In contrast, in the case of RVP, it is not necessary to bear this high cost under normal network operation. Instead, it can compress submitted transaction data by leveraging ZK-proofs' characteristics. Only when challenged does it need to bear this cost, and in actual operation, normal network operation accounts for more than 99.9%, approaching 100%.
The time of block finalization in current ZK-rollups is close to the optimized challenge period
Theoretically, there is no withdrawal period for ZK-rollup because the entire L2 state transition verification process through ZK-proof should be completed in a few minutes or even seconds.
However, the key issue here is that due to technical limitations, the time required for ZK-proof to be finally verified on L1 is much slower than expected. For example, in the case of zkSync Era, the time for L2 blocks to be finalized is about 20-24 hours, which is not significantly different from the optimized withdrawal period.

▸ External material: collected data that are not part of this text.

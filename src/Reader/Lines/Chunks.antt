-- ===== src/Reader/Lines/Chunks.antt =====
-- The loop of `read_line_from_entries`, src/reader.rs, over the chunks behind the first one.
use qzt.Base.{ℕ, ◌+◌, ◌≤◌, ◌≡◌, refl, ap, sym, ◌∙◌, arith, List, [], ◌∷◌, ◌++◌}
use qzt.Base.{true, false, Bool-cases, inl, inr, if◌then◌else◌, append_assoc, append-nil}
use qzt.Base.{length, drop, All, le→leb}
use qzt.Error.{Result, ok}
use qzt.ChunkTable.{ChunkEntry}
use qzt.ChunkTable.Tiling.{Tiles}
use qzt.Reader.RangeLoop.{Decodes, chunk_bytes}
use qzt.Reader.Lines.{append_until_lf, append_chunks, scan_until_lf, lf}
use qzt.Base.{◌==◌}
use qzt.Base.SplitLines.{line_of, has_lf, line_of-append, line_of-without_lf}
use qzt.Reader.Lines.Table.{drop_all, chunk_split}

-- `append_until_lf` appends the first line of what it scans.
scan_until_lf_lem :
    (xs output : List ℕ) → scan_until_lf xs output ≡ (has_lf xs, output ++ line_of xs)
unfolding scan_until_lf has_lf line_of
scan_until_lf_lem [] output = ap (λ r. (false, r)) (sym (append-nil output))
scan_until_lf_lem (x ∷ xs) output = elim (Bool-cases (x == lf)) [
  | inl ends ↦ rw ends refl
  | inr goes ↦ rw goes (
      scan_until_lf_lem xs (output ++ (x ∷ []))
      ∙ ap (λ r. (has_lf xs, r)) (append_assoc output (x ∷ []) (line_of xs)))
]

pub append_until_lf_lem :
    (decoded : List ℕ) (start : ℕ) (output : List ℕ)
    → start ≤ length decoded
    → append_until_lf decoded start output
      ≡ ok (has_lf (drop start decoded), output ++ line_of (drop start decoded))
unfolding append_until_lf
append_until_lf_lem decoded start output h =
    rw (le→leb start (length decoded) h) (ap ok (scan_until_lf_lem (drop start decoded) output))

-- A line that goes on in the bytes behind.
pub line_goes_on :
    (bytes rest output : List ℕ)
    → has_lf bytes ≡ false
    → (output ++ line_of bytes) ++ line_of rest ≡ output ++ line_of (bytes ++ rest)
line_goes_on bytes rest output h =
    let whole : line_of (bytes ++ rest) ≡ bytes ++ line_of rest =
      line_of-append bytes rest ∙ rw h refl in
    rw (whole, line_of-without_lf bytes h) (append_assoc output bytes (line_of rest))

pub line_ends :
    (bytes rest : List ℕ) → has_lf bytes ≡ true → line_of (bytes ++ rest) ≡ line_of bytes
line_ends bytes rest h = line_of-append bytes rest ∙ rw h refl

module _ (original : List ℕ) (decode : ChunkEntry → Result (List ℕ)) where
  append_step :
      (e : ChunkEntry) (es : List ChunkEntry) (bytes output : List ℕ)
      → decode e ≡ ok bytes
      → append_chunks decode (e ∷ es) output ≡ (
          if has_lf bytes
          then ok (output ++ line_of bytes)
          else append_chunks decode es (output ++ line_of bytes))
  unfolding append_chunks
  append_step e es bytes output h =
      let scanned = append_until_lf_lem bytes 0 output (omega arith) in rw (h, scanned) refl

  -- The loop appends the line that goes on where its chunks start.
  pub append_chunks_lem :
      (index offset line lines : ℕ) (es : List ChunkEntry) (output : List ℕ)
      → Tiles index offset line es (length original) lines
      → All (Decodes original decode) es
      → append_chunks decode es output ≡ ok (output ++ line_of (drop offset original))
  unfolding append_chunks line_of
  append_chunks_lem index offset line lines [] output (all, _) decodes =
      let empty = drop_all offset original (omega arith) in
      ap ok (sym (append-nil output) ∙ ap (λ (r : List ℕ). output ++ line_of r) (sym empty))
  append_chunks_lem index offset line lines (e ∷ es) output (_, at, _, _, _, _, _, t)
        (decoded, decodes) =
      let bytes = chunk_bytes original e in
      let rest = drop (offset + e.uncompressed_size) original in
      let whole = chunk_split original e offset at in
      let step = append_step e es bytes output decoded in
      let later =
        append_chunks_lem (index + 1) (offset + e.uncompressed_size) (line + e.line_count) lines es
          (output ++ line_of bytes) t decodes in
      step ∙ elim (Bool-cases (has_lf bytes)) [
        | inl ends ↦ rw (ends, whole) (ap (λ r. ok (output ++ r)) (sym (line_ends bytes rest ends)))
        | inr goes ↦ rw (goes, whole) (later ∙ ap ok (line_goes_on bytes rest output goes))
      ]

RVP-based rollup can switch to ZK-rollup seamlessly
L2 scaling solutions incorporating RVP technology can be designed using the ZK-rollup framework. This makes seamlessly transitioning from RVP-based L2 to standard ZK-rollup L2 easy. The only necessary change is to adjust the sequencer's ZK-proof submission methods from responsive to active. Based on RVP, L2 can easily switch to ZK-rollup when ZK technology matures in the future.